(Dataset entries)
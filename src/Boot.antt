-- ===== src/Boot.antt =====
-- The request to create a VM: `BootConfig` of src/service.rs, its check in src/vm_validation.rs and
-- the bodies made from it in src/vm_payload.rs. Paths are texts; a path that is no Unicode is left out.
pub mod Validation
pub mod Payload
use croutond.Base.{ℕ, String, Option, List}

-- `cpus` is a `u16` and `memory_mb` a `u64`.
pub record BootConfig : Type 0 where
  pub name : String
  pub cpus : ℕ
  pub memory_mb : ℕ
  pub boot_mode : String
  pub disks : List String
  pub kernel_path : Option String
  pub initrd_path : Option String
  pub cmdline : Option String
  pub firmware_path : Option String
  pub snapshot_path : Option String
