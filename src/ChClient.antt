-- ===== src/ChClient.antt =====
-- src/ch_client.rs: one HTTP request to the control socket of a VM. Connecting, the handshake and the
-- exchange are hyper's: a parameter that takes the request and returns a response or fails.
use croutond.Base.{
  ℕ, String, Option, none, some, List, [], ◌∷◌, if◌then◌else◌, ◌≡◌, refl, Result, ok, err, str_eq,
}
use croutond.Base.Text.{is_empty}
use croutond.Types.{ProxyResponse}

pub data Method : Type 0 where
  get put : Method

pub record Request : Type 0 where
  pub socket : String
  pub method : Method
  pub uri : String
  pub headers : List (String × String)
  pub body : List ℕ

-- A response's headers in order, by name in lower case, each with its value where that decodes as text
-- (`value.to_str().ok()`).
pub record Response : Type 0 where
  pub status : ℕ
  pub headers : List (String × Option String)
  pub body : List ℕ

abbrev pub Http : Type 0
Http = Request → Result String Response

-- `headers().get(name).and_then(…)`: the first header of the name decides.
header : String → List (String × Option String) → Option String
header name [] = none
header name ((key, value) ∷ headers) =
    let rest = header name headers in if str_eq key name then value else rest

content_type_header : Option String → List (String × String)
content_type_header none = []
content_type_header (some value) = ("content-type", value) ∷ []

pub request_for : String → Method → String → List ℕ → Option String → Request
unfolding content_type_header
request_for socket_path method path body content_type = record {
  socket = socket_path;
  method = method;
  uri = if is_empty path then "/" else path;
  headers = ("host", "localhost") ∷ ("connection", "close") ∷ content_type_header content_type;
  body = body;
}

response_to_proxy_response : Response → ProxyResponse
unfolding header
response_to_proxy_response response = record {
  status = response.status;
  content_type = header "content-type" response.headers;
  body = response.body;
}

unfoldable pub send_unix_http_request :
    Http → String → Method → String → List ℕ → Option String → Result String ProxyResponse
unfolding request_for response_to_proxy_response
send_unix_http_request http socket_path method path body content_type =
    elim (http (request_for socket_path method path body content_type)) [
      | err error ↦ err error
      | ok response ↦ ok (response_to_proxy_response response)
    ]

-- A response is passed on with its status.
pub send_unix_http_request-status :
    (http : Http) (socket_path : String) (method : Method) (path : String) (body : List ℕ)
    (content_type : Option String) (response : Response)
    → http (request_for socket_path method path body content_type) ≡ ok response
    → (r : ProxyResponse) × (send_unix_http_request http socket_path method path body content_type
        ≡ ok r)
      × (r.status ≡ response.status)
unfolding send_unix_http_request
send_unix_http_request-status http socket_path method path body content_type response e =
    (response_to_proxy_response response, rw (e, send_unix_http_request) refl, refl)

* _WHAT TO PRODUCE_: Write down all of the records again, word for word.

* _ANSWER SECTION_:
filename src/Boot.antt
-- ===== src/Boot.antt =====
-- The request to create a VM: `BootConfig` of src/service.rs, its check in src/vm_validation.rs and
-- the bodies made from it in src/vm_payload.rs. Paths are texts; a path that is no Unicode is left out.
pub mod Validation
pub mod Payload
use croutond.Base.{ℕ, String, Option, List}

-- `cpus` is a `u16` and `memory_mb` a `u64`.
pub record BootConfig : Type 0 where
  pub name : String
  pub cpus : ℕ
  pub memory_mb : ℕ
  pub boot_mode : String
  pub disks : List String
  pub kernel_path : Option String
  pub initrd_path : Option String
  pub cmdline : Option String
  pub firmware_path : Option String
  pub snapshot_path : Option String
filename src/ChClient.antt
-- ===== src/ChClient.antt =====
-- src/ch_client.rs: one HTTP request to the control socket of a VM. Connecting, the handshake and the
-- exchange are hyper's: a parameter that takes the request and returns a response or fails.
use croutond.Base.{
  ℕ, String, Option, none, some, List, [], ◌∷◌, if◌then◌else◌, ◌≡◌, refl, Result, ok, err, str_eq,
}
use croutond.Base.Text.{is_empty}
use croutond.Types.{ProxyResponse}

pub data Method : Type 0 where
  get put : Method

pub record Request : Type 0 where
  pub socket : String
  pub method : Method
  pub uri : String
  pub headers : List (String × String)
  pub body : List ℕ

-- A response's headers in order, by name in lower case, each with its value where that decodes as text
-- (`value.to_str().ok()`).
pub record Response : Type 0 where
  pub status : ℕ
  pub headers : List (String × Option String)
  pub body : List ℕ

abbrev pub Http : Type 0
Http = Request → Result String Response

-- `headers().get(name).and_then(…)`: the first header of the name decides.
header : String → List (String × Option String) → Option String
header name [] = none
header name ((key, value) ∷ headers) =
    let rest = header name headers in if str_eq key name then value else rest

content_type_header : Option String → List (String × String)
content_type_header none = []
content_type_header (some value) = ("content-type", value) ∷ []

pub request_for : String → Method → String → List ℕ → Option String → Request
unfolding content_type_header
request_for socket_path method path body content_type = record {
  socket = socket_path;
  method = method;
  uri = if is_empty path then "/" else path;
  headers = ("host", "localhost") ∷ ("connection", "close") ∷ content_type_header content_type;
  body = body;
}

response_to_proxy_response : Response → ProxyResponse
unfolding header
response_to_proxy_response response = record {
  status = response.status;
  content_type = header "content-type" response.headers;
  body = response.body;
}

unfoldable pub send_unix_http_request :
    Http → String → Method → String → List ℕ → Option String → Result String ProxyResponse
unfolding request_for response_to_proxy_response
send_unix_http_request http socket_path method path body content_type =
    elim (http (request_for socket_path method path body content_type)) [
      | err error ↦ err error
      | ok response ↦ ok (response_to_proxy_response response)
    ]

-- A response is passed on with its status.
pub send_unix_http_request-status :
    (http : Http) (socket_path : String) (method : Method) (path : String) (body : List ℕ)
    (content_type : Option String) (response : Response)
    → http (request_for socket_path method path body content_type) ≡ ok response
    → (r : ProxyResponse) × (send_unix_http_request http socket_path method path body content_type
        ≡ ok r)
      × (r.status ≡ response.status)
unfolding send_unix_http_request
send_unix_http_request-status http socket_path method path body content_type response e =
    (response_to_proxy_response response, rw (e, send_unix_http_request) refl, refl)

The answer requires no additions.